## What you are asked to do
Among the entries below, find the lines holding "looped" and copy them.

━━━━━ Input for this task

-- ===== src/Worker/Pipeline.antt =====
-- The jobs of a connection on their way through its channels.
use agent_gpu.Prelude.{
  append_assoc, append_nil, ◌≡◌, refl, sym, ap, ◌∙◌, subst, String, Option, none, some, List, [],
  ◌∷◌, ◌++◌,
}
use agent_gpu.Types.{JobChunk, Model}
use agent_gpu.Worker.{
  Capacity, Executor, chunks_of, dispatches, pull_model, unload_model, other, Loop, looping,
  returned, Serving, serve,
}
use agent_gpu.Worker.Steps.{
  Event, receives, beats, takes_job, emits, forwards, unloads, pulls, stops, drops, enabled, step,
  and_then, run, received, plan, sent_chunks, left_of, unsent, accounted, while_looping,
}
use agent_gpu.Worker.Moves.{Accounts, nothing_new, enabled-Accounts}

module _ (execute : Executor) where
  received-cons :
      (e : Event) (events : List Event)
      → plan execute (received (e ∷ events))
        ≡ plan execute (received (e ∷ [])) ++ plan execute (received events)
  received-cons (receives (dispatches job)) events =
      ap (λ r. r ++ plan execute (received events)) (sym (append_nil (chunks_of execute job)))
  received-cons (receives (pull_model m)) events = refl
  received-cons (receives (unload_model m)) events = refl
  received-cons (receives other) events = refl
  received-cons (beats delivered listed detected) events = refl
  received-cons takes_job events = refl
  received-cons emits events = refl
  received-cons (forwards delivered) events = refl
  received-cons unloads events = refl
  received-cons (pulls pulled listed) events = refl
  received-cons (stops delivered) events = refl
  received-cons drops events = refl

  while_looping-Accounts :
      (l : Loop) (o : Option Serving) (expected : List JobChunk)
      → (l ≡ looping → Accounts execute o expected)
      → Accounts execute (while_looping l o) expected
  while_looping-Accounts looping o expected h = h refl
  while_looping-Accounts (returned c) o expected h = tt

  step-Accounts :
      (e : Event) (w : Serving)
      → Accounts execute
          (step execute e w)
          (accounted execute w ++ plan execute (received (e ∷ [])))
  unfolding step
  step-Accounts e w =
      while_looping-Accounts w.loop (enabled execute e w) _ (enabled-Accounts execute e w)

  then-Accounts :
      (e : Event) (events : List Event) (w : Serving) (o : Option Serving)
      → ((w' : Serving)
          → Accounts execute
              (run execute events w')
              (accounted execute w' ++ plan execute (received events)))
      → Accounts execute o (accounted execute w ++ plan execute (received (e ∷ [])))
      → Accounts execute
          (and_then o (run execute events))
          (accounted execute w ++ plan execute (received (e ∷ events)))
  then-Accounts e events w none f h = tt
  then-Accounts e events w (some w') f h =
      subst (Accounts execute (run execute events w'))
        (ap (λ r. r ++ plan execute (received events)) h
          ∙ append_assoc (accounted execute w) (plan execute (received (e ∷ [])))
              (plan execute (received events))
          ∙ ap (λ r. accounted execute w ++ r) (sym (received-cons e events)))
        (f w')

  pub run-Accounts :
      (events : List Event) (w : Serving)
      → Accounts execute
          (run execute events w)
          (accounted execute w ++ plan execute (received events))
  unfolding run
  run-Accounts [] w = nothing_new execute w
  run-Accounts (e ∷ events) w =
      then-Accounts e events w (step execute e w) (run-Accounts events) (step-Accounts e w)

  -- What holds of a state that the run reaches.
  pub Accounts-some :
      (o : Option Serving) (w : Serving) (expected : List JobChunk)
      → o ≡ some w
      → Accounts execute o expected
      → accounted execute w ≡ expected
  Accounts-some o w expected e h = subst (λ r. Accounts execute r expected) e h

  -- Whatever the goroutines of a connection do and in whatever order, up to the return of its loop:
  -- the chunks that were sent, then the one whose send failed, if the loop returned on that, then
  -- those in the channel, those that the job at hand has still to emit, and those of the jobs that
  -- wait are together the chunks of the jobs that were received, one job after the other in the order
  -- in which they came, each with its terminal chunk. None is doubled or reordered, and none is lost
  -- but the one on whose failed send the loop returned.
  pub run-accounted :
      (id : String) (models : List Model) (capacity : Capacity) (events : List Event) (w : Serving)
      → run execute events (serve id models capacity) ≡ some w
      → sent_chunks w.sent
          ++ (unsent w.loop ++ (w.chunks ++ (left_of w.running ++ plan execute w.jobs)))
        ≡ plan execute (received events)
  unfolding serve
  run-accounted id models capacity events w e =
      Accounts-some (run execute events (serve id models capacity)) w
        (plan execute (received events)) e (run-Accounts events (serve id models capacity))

━━━━━━━━━━
━━━━━ Input for this task

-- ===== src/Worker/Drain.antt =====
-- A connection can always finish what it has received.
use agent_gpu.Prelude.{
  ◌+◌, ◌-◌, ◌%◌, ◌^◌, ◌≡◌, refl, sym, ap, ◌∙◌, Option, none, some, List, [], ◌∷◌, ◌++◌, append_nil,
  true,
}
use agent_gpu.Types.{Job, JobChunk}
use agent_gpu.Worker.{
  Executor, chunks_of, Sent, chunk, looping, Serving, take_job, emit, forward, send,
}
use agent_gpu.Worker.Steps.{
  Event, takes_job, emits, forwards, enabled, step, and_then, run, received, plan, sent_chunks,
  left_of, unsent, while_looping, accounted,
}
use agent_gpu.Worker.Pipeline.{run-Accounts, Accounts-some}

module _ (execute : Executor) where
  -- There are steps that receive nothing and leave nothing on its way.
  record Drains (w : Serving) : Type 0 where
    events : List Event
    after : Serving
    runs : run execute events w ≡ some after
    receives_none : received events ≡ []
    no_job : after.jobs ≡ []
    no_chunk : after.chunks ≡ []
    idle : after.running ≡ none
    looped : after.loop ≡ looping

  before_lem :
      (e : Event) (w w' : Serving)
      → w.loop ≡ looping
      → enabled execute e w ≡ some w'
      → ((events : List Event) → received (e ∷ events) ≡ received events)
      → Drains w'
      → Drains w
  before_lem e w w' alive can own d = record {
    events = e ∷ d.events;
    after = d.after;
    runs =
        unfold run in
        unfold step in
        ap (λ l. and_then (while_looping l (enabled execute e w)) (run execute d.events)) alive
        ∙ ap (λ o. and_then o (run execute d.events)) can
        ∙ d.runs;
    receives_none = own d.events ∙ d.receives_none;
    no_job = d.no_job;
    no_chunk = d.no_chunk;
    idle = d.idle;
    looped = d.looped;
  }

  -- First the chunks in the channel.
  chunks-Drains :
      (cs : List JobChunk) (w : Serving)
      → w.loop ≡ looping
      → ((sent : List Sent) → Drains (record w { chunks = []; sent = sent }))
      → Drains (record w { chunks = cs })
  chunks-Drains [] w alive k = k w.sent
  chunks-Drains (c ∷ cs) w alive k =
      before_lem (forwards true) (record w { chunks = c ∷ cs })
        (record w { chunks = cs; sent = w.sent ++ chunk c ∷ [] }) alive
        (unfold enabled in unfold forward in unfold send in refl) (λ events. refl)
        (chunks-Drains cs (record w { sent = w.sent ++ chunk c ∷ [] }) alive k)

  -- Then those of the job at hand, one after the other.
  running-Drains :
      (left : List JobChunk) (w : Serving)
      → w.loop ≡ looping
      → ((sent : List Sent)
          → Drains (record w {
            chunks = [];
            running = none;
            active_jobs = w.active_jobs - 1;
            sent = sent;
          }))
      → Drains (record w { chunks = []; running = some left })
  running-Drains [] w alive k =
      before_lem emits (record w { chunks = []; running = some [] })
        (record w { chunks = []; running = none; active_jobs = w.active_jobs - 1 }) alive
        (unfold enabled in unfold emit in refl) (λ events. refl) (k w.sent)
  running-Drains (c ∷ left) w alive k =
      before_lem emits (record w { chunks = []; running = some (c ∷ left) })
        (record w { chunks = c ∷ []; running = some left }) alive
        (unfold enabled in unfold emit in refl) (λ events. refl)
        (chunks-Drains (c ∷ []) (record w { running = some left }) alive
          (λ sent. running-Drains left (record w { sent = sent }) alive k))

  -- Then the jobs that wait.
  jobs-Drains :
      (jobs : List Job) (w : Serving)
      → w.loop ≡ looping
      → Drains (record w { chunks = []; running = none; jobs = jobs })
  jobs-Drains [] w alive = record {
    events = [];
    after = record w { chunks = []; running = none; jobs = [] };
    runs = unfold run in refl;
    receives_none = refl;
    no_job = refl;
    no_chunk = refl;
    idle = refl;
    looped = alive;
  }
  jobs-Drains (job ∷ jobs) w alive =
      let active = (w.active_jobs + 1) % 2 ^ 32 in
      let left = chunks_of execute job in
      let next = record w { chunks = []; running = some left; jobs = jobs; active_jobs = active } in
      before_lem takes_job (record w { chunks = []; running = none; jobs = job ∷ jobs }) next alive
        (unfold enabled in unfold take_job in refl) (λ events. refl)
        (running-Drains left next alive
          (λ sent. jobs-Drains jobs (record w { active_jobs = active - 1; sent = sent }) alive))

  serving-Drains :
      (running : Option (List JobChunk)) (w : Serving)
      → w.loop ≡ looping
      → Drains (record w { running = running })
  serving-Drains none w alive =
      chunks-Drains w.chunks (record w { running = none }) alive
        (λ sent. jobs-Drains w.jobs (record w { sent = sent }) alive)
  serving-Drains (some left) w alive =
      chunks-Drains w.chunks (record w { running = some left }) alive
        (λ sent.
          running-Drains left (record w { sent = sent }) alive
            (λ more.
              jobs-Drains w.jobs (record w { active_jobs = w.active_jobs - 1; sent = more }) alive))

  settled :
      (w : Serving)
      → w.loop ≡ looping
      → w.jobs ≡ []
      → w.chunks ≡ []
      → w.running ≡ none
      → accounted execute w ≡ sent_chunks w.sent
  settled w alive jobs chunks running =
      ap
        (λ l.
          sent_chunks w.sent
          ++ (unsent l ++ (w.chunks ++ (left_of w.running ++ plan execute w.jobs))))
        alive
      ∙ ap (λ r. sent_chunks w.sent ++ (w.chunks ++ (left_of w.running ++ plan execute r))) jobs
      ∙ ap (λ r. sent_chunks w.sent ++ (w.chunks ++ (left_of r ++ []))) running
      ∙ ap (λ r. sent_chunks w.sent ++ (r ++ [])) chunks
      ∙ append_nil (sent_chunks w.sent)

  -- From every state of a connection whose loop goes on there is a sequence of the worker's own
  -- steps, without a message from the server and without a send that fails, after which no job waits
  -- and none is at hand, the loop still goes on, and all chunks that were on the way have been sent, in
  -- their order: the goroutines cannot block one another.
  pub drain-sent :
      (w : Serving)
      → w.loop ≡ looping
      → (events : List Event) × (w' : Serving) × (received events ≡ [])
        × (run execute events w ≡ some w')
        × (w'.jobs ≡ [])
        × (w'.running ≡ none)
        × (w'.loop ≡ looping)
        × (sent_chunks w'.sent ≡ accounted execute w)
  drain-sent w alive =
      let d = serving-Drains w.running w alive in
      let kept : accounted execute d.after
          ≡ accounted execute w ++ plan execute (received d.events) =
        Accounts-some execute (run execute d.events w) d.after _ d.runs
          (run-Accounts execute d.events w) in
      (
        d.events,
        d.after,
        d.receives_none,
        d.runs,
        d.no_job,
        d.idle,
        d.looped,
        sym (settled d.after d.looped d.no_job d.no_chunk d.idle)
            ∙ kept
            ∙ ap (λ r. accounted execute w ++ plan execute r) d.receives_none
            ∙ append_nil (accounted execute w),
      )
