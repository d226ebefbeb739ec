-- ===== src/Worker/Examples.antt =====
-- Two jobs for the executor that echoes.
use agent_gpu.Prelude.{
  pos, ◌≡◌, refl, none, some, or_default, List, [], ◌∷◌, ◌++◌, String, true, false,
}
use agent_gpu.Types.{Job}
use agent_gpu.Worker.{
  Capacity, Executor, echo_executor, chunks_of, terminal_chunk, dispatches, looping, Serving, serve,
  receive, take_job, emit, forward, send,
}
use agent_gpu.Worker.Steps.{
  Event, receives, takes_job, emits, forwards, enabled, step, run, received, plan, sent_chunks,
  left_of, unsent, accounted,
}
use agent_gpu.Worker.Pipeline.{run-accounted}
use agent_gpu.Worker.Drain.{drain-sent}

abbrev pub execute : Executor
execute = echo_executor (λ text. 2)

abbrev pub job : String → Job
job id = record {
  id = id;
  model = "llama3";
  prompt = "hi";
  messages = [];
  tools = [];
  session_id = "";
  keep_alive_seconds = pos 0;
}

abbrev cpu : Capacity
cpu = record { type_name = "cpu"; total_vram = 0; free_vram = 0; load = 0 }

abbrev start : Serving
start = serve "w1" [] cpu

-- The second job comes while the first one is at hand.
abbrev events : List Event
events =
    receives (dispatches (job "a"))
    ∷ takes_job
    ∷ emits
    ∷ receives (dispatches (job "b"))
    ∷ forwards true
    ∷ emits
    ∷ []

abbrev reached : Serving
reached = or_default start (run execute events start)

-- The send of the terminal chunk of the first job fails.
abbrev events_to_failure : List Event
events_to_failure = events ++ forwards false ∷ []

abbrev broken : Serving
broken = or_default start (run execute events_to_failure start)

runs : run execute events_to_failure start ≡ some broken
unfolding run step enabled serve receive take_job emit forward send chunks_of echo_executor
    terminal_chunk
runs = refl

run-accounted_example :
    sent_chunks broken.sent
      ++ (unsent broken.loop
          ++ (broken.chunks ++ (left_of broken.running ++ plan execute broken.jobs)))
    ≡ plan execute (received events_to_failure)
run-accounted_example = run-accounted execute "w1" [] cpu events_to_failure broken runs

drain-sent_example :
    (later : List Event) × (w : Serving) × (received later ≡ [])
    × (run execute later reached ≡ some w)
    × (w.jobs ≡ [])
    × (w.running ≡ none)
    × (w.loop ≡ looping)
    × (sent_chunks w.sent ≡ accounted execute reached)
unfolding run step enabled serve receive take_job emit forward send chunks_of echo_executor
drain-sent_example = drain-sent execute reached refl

━━━━━━━━━━
━━━━━ Input for this task

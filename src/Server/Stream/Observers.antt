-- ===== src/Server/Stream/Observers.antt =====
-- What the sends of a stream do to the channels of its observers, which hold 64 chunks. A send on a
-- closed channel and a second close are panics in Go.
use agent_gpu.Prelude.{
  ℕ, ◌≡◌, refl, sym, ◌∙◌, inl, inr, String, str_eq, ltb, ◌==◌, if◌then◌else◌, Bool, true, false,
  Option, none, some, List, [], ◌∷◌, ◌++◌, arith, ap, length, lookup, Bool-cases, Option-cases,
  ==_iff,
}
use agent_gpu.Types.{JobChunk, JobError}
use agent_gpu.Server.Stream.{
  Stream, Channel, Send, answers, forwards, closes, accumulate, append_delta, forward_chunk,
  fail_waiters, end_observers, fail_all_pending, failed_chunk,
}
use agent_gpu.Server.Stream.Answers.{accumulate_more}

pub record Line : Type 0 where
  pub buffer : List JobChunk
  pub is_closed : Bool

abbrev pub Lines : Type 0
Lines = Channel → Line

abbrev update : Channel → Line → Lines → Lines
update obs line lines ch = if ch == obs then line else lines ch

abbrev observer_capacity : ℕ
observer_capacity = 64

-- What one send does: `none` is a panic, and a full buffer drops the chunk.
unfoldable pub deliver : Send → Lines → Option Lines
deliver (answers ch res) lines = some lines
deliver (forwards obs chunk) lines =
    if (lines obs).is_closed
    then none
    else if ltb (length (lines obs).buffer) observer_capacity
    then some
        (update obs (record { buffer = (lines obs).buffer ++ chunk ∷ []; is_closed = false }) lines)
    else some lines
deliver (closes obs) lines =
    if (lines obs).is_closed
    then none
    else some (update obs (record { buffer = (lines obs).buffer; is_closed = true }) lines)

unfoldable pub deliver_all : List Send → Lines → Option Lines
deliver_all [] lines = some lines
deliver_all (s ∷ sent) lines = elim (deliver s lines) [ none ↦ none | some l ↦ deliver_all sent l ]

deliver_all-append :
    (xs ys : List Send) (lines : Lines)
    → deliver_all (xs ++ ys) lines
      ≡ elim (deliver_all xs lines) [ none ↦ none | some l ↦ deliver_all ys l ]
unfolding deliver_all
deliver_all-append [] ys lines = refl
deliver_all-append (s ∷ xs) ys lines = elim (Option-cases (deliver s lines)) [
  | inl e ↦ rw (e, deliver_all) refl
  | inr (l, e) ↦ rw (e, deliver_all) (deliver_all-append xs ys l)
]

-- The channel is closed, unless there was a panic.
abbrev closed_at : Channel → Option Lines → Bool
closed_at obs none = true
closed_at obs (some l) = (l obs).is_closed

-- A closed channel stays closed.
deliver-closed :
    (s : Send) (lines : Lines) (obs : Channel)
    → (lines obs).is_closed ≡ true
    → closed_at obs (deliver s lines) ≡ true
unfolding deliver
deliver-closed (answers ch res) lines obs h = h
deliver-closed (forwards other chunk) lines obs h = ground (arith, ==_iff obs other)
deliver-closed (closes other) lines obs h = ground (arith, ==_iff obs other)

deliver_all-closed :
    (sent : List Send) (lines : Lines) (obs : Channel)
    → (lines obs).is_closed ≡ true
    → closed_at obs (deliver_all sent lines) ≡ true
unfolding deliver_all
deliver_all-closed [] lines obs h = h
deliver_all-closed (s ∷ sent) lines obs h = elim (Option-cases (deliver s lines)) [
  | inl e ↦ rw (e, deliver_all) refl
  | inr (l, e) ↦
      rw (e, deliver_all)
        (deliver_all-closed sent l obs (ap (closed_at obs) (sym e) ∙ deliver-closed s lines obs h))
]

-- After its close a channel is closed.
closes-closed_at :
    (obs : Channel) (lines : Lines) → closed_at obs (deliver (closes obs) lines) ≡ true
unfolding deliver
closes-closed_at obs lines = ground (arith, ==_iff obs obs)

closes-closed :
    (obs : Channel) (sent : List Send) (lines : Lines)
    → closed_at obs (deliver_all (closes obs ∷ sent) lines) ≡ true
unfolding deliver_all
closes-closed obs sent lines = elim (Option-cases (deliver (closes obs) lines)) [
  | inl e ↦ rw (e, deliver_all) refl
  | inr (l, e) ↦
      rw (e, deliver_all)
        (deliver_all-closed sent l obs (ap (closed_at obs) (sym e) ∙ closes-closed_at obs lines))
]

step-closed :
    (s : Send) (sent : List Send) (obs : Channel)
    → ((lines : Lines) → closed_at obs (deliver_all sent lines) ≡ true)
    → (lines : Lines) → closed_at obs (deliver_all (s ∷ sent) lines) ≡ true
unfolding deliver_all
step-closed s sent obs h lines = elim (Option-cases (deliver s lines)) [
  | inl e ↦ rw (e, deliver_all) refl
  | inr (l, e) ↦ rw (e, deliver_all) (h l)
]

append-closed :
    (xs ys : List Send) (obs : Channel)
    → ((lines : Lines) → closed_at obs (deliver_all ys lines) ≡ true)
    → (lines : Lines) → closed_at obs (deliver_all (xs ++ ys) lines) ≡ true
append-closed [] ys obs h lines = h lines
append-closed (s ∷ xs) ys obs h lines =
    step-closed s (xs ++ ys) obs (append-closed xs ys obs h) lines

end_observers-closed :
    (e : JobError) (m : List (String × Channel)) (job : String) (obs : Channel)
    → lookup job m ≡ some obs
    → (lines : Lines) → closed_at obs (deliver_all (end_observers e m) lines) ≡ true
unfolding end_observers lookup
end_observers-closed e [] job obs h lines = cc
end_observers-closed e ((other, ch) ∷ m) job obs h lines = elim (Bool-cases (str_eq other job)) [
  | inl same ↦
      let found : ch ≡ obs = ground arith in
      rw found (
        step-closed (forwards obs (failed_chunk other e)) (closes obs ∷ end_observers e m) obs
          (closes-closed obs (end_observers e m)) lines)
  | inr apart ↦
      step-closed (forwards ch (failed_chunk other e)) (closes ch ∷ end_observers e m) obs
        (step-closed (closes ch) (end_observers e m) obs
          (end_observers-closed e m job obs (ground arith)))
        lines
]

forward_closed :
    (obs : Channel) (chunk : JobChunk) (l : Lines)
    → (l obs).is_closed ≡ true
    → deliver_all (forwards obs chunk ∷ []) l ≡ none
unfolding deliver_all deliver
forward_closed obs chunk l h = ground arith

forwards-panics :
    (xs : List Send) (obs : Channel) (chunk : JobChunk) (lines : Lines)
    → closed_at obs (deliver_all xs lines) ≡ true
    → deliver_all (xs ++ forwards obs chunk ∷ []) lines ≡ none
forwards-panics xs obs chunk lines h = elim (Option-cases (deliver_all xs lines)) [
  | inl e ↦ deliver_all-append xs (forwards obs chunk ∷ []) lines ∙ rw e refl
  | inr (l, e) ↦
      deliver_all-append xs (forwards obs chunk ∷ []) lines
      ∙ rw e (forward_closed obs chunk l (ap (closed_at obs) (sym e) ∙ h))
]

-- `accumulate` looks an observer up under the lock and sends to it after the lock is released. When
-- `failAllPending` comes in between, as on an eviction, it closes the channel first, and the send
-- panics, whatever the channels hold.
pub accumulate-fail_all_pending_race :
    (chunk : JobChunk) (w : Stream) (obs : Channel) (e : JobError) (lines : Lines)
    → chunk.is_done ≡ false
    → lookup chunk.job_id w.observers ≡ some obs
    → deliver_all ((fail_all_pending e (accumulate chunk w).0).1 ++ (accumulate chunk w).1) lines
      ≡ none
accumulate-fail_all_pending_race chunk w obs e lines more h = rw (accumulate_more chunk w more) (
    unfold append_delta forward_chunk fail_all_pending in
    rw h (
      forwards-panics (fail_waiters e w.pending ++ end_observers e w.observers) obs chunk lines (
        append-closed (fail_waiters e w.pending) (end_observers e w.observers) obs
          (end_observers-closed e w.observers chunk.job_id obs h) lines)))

━━━━━━━━━━

## Task output
    looped : after.loop ≡ looping
    looped = d.looped;
    looped = alive;
        d.looped,
        sym (settled d.after d.looped d.no_job d.no_chunk d.idle)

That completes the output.